CardPulse is designed as a local-first application. SQLite is the entire backend — no separate database server is needed.

✅ Strengths

Strength Detail
🔧 Zero configuration Database is a single file — no setup, no server, no connections
Excellent read performance More than adequate for the expected data volume (hundreds to thousands of transactions)
🔒 ACID transactions Full transactional integrity with atomic commits
💾 Easy to backup Copy one file and you have a complete backup
📦 Portable Move the .db file to any machine and it just works
🌐 No network dependency Works offline, on planes, in cafes — anywhere

⚠️ Limitations

Limitation Impact Mitigation
✍️ Single writer One write at a time.

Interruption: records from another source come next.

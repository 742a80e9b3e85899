-- ===== src/Capabilities/SpanOfCalls/Forgotten.antt =====
-- What leaves the live set of `SpanOfCallsMatcher` of capa-x/src/capabilities/dynamic_analysis.rs.
use capa_x.Prelude.{
  ◌≡◌, refl, true, false, ◌&&◌, ◌||◌, not, List, [], ◌∷◌, arith, Bool-cases, inl, inr,
}
use capa_x.SortedSet
use capa_x.SortedSet.{contains, is_eq, contains-remove}
use capa_x.Address.{Address, no_address, cmp}
use capa_x.Address.Order.{address_ord, cmp_self, eq_of_cmp}
use capa_x.Features.{Feature, feature_eq}
use capa_x.Features.Equality.{feature_eq_sym, feature_eq_trans}
use capa_x.Engine.FeatureSet.{FeatureSet}
use capa_x.Engine.FeatureSet.Has.{has}
use capa_x.Capabilities.SpanOfCalls.{is_global, remove_all, kept, forget, forget_all}

module _ (f : Feature) (loc : Address) where
  contains-remove_all :
      (current locs : List Address)
      → contains loc (remove_all current locs) ≡ (contains loc current && not (contains loc locs))
  contains-remove_all current [] = ground arith
  contains-remove_all current (l ∷ locs) =
      ground (
        arith,
        contains-remove_all (SortedSet.remove l current) locs,
        contains-remove loc l current,
      )

  has-kept :
      (k : Feature) (locs : List Address) (rest : FeatureSet)
      → has f loc (kept k locs rest) ≡ ((feature_eq k f && contains loc locs) || has f loc rest)
  has-kept k [] rest = ground arith
  has-kept k (l ∷ locs) rest = refl

  has-forget :
      (k : Feature) (locs : List Address) (fs : FeatureSet)
      → has f loc (forget k locs fs) ≡ (has f loc fs && not (feature_eq k f && contains loc locs))
  unfolding forget
  has-forget k locs [] = refl
  has-forget k locs ((key, current) ∷ fs) = ground (
    arith,
    has-forget k locs fs,
    has-kept key (remove_all current locs) (forget k locs fs),
    contains-remove_all current locs,
    feature_eq_trans key k f,
    feature_eq_trans k key f,
    feature_eq_trans key f k,
    feature_eq_sym k f,
    feature_eq_sym key k,
  )

  -- a global entry has no location but `no_address`
  global_absent :
      (locs : List Address)
      → is_eq (cmp loc no_address) ≡ false
      → is_global locs ≡ true
      → contains loc locs ≡ false
  global_absent [] away g = cc
  global_absent (l ∷ []) away g =
      ground (arith, eq_of_cmp loc l, eq_of_cmp no_address l, cmp_self loc)
  global_absent (l ∷ l' ∷ locs) away g = absurd (ground arith)

  pub has-forget_all :
      (fs overflowing : FeatureSet)
      → is_eq (cmp loc no_address) ≡ false
      → has f loc (forget_all fs overflowing) ≡ (has f loc fs && not (has f loc overflowing))
  unfolding forget_all
  has-forget_all fs [] away = ground arith
  has-forget_all fs ((k, locs) ∷ overflowing) away = elim (Bool-cases (is_global locs)) [
    | inl e ↦ rw (e, global_absent locs away e) (ground (arith, has-forget_all fs overflowing away))
    | inr e ↦
        rw e
          (ground (arith, has-forget_all (forget k locs fs) overflowing away, has-forget k locs fs))
  ]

Fine for single-user, bottleneck under concurrent load WAL mode improves concurrent reads
🚫 No remote access Database is local to the server. No direct mobile app connectivity Deploy to VPS and access via mobile browser
📏 File size Practical limit ~1 GB for good performance Years of personal expense data stays well under this

☁️ Vercel / Serverless Caveats

⚠️ Vercel's serverless architecture does not persist files between invocations. SQLite on Vercel works for read-only data, but transactions would be lost between cold starts.

Approach Works? Notes
🚫 Vercel (standard) No File system is ephemeral — data loss on cold starts
⚠️ Vercel + Turso Partial Requires code changes to use Turso's libSQL client
⚠️ Vercel + LiteFS Partial Requires Fly.io for persistent volume
✅ VPS (Recommended) Yes Full control, persistent filesystem, best for SQLite
✅ Docker Yes Mount a volume for /data directory
✅ Local machine Yes The intended deployment model

📝 WAL Mode

better-sqlite3 uses WAL (Write-Ahead Logging) mode by default for better concurrent read performance.

File Purpose
📄 cardpulse.db Main database file
📄 cardpulse.db-wal Write-Ahead Log (pending writes)
📄 cardpulse.db-shm Shared memory index for WAL

💡 The -wal and -shm files are normal and expected. They are automatically managed by SQLite. When backing up by file copy, include all three files for a consistent snapshot — or use the in-app backup, which checkpoints the WAL first.